## Exercise brief
From the entries below, count the lines holding the word "true" and give nothing but the number.
==============================
-- ===== src/Heartbeat.antt =====
-- HeartbeatScheduler of src/redis_rate_limiter/core/limiters.py: one thread that renews the leases
-- of many tasks. What holds the lock is one step; the thread's place between two of them is a part
-- of the state. Times are those of time.monotonic(), in milliseconds.
pub mod Turns
pub mod Registrations
pub mod Coverage
use redis_rate_limiter.Prelude.{
  ℕ, suc, ◌+◌, Bool, true, false, ◌&&◌, ◌||◌, Option, none, some, List, [], ◌∷◌, ltb, ◌==◌,
  if◌then◌else◌,
}
use redis_rate_limiter.Prelude.Text.{Text, same}

-- on_failure_action
pub data Action : Type 0 where
  warn kill : Action

-- HeartbeatEntry, under its task_id
pub record Entry : Type 0 where
  pub on_failure : Action
  pub is_healthy : Bool
  pub generation : ℕ

-- A tuple of the heap: (due, task_id, generation)
pub record Tuple : Type 0 where
  pub due : ℕ
  pub task_id : Text
  pub generation : ℕ

-- The thread: not alive, at the head of its loop, or at `_renew_one`, outside the lock.
pub data Thread : Type 0 where
  stopped looping : Thread
  renewing : Text → Action → Thread

pub record Scheduler : Type 0 where
  pub entries : Text → Option Entry
  pub heap : List Tuple
  pub shutdown : Bool
  pub thread : Thread
  -- whether SIGTERM was sent to the process
  pub terminated : Bool

abbrev pub initial : Scheduler
initial = record {
  entries = λ id. none;
  heap = [];
  shutdown = false;
  thread = Thread.stopped;
  terminated = false;
}

abbrev pub put : Text → Option Entry → (Text → Option Entry) → Text → Option Entry
put id entry entries j = if same id j then entry else entries j

-- The order of texts and of tuples in Python.
unfoldable pub ltb_text : Text → Text → Bool
ltb_text s [] = false
ltb_text [] (d ∷ ds) = true
ltb_text (c ∷ cs) (d ∷ ds) = ltb c d || (c == d && ltb_text cs ds)

unfoldable pub comes_before : Tuple → Tuple → Bool
unfolding ltb_text
comes_before a b =
    ltb a.due b.due
    || (a.due == b.due
        && (ltb_text a.task_id b.task_id
            || (same a.task_id b.task_id && ltb a.generation b.generation)))

-- heapq.heappush, of a heap that is kept as the list of its tuples in order
unfoldable pub heappush : Tuple → List Tuple → List Tuple
unfolding comes_before
heappush t [] = t ∷ []
heappush t (u ∷ heap) = if comes_before t u then t ∷ u ∷ heap else u ∷ heappush t heap

-- _ensure_started_locked
unfoldable pub ensure_started : Scheduler → Scheduler
ensure_started s = elim s.thread [
  | stopped ↦ record s { shutdown = false; thread = looping }
  | looping ↦ s
  | renewing id action ↦ s
]

-- register(task_id, on_failure_action)
unfoldable pub register : ℕ → ℕ → Text → Action → Scheduler → Scheduler
unfolding heappush ensure_started
register interval now id action s =
    let entry : Entry = record { on_failure = action; is_healthy = true; generation = 0 } in
    let entered = record s { entries = put id (some entry) s.entries } in
    let first : Tuple = record { due = now + interval; task_id = id; generation = 0 } in
    if same id [] then entered else ensure_started (record entered { heap = heappush first s.heap })

-- deregister(task_id)
unfoldable pub deregister : Text → Scheduler → Scheduler
deregister id s = record s { entries = put id none s.entries }

-- The head of the heap, when it is due: it is popped, and dropped if it is stale.
unfoldable pub take : Tuple → List Tuple → Option Entry → Scheduler → Scheduler
take t rest none s = record s { heap = rest }
take t rest (some entry) s =
    if entry.generation == t.generation
    then record s { heap = rest; thread = renewing t.task_id entry.on_failure }
    else record s { heap = rest }

-- One turn of the loop of `_run`, up to `_renew_one`. A wait changes nothing.
unfoldable pub turn : ℕ → List Tuple → Scheduler → Scheduler
unfolding take
turn now [] s = s
turn now (t ∷ rest) s = if ltb now t.due then s else take t rest (s.entries t.task_id) s

-- What extend_lease does: it returns, it raises redis.RedisError, or it raises another exception (a
-- KeyError, when the lease is gone).
pub data Renewal : Type 0 where
  renewed redis_error other_error : Renewal

unfoldable pub set_health : Bool → Option Entry → Option Entry
set_health healthy none = none
set_health healthy (some e) = some (record e { is_healthy = healthy })

abbrev pub is_kill : Action → Bool
is_kill warn = false
is_kill kill = true

-- The last locked part of the loop: the next renewal.
unfoldable pub reschedule : ℕ → ℕ → Text → Option Entry → Scheduler → Scheduler
unfolding heappush
reschedule interval now id none s = record s { thread = looping }
reschedule interval now id (some e) s =
    let next : Tuple = record {
      due = now + interval;
      task_id = id;
      generation = suc e.generation;
    } in
    record s {
      entries = put id (some (record e { generation = suc e.generation })) s.entries;
      heap = heappush next s.heap;
      thread = looping;
    }

-- _renew_one, on the entry of `id`
unfoldable pub renew_one : Text → Action → Renewal → Scheduler → Scheduler
unfolding set_health
renew_one id action renewed s = record s {
  entries = put id (set_health true (s.entries id)) s.entries;
}
renew_one id action redis_error s = record s {
  entries = put id (set_health false (s.entries id)) s.entries;
  terminated = is_kill action || s.terminated;
}
renew_one id action other_error s = s

-- What others do, and what the thread does next.
pub data Event : Type 0 where
  registers : ℕ → Text → Action → Event
  deregisters : Text → Event
  shuts_down : Event
  turns : ℕ → Event
  -- extend_lease ends, and the next renewal is due from this time on
  renews : ℕ → Renewal → Event

-- An exception that `_renew_one` does not catch ends the thread.
unfoldable pub finish : ℕ → ℕ → Text → Action → Renewal → Scheduler → Scheduler
unfolding renew_one reschedule
finish interval now id action other_error s = record s { thread = stopped }
finish interval now id action outcome s =
    let renewed_s = renew_one id action outcome s in
    reschedule interval now id (renewed_s.entries id) renewed_s

-- The thread, if it is at the head of its loop.
unfoldable pub advance : ℕ → Thread → Scheduler → Scheduler
unfolding turn
advance now looping s = if s.shutdown then record s { thread = stopped } else turn now s.heap s
advance now stopped s = s
advance now (renewing id action) s = s

-- The thread, if it is at a renewal.
unfoldable pub end_renewal : ℕ → ℕ → Renewal → Thread → Scheduler → Scheduler
unfolding finish
end_renewal interval now outcome (renewing id action) s = finish interval now id action outcome s
end_renewal interval now outcome stopped s = s
end_renewal interval now outcome looping s = s

unfoldable pub perform : ℕ → Event → Scheduler → Scheduler
unfolding register deregister advance end_renewal
perform interval (registers now id action) s = register interval now id action s
perform interval (deregisters id) s = deregister id s
perform interval shuts_down s = record s { shutdown = true }
perform interval (turns now) s = advance now s.thread s
perform interval (renews now outcome) s = end_renewal interval now outcome s.thread s

unfoldable pub run : ℕ → List Event → Scheduler → Scheduler
unfolding perform
run interval [] s = s
run interval (e ∷ events) s = run interval events (perform interval e s)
==============================
## Completed exercise
6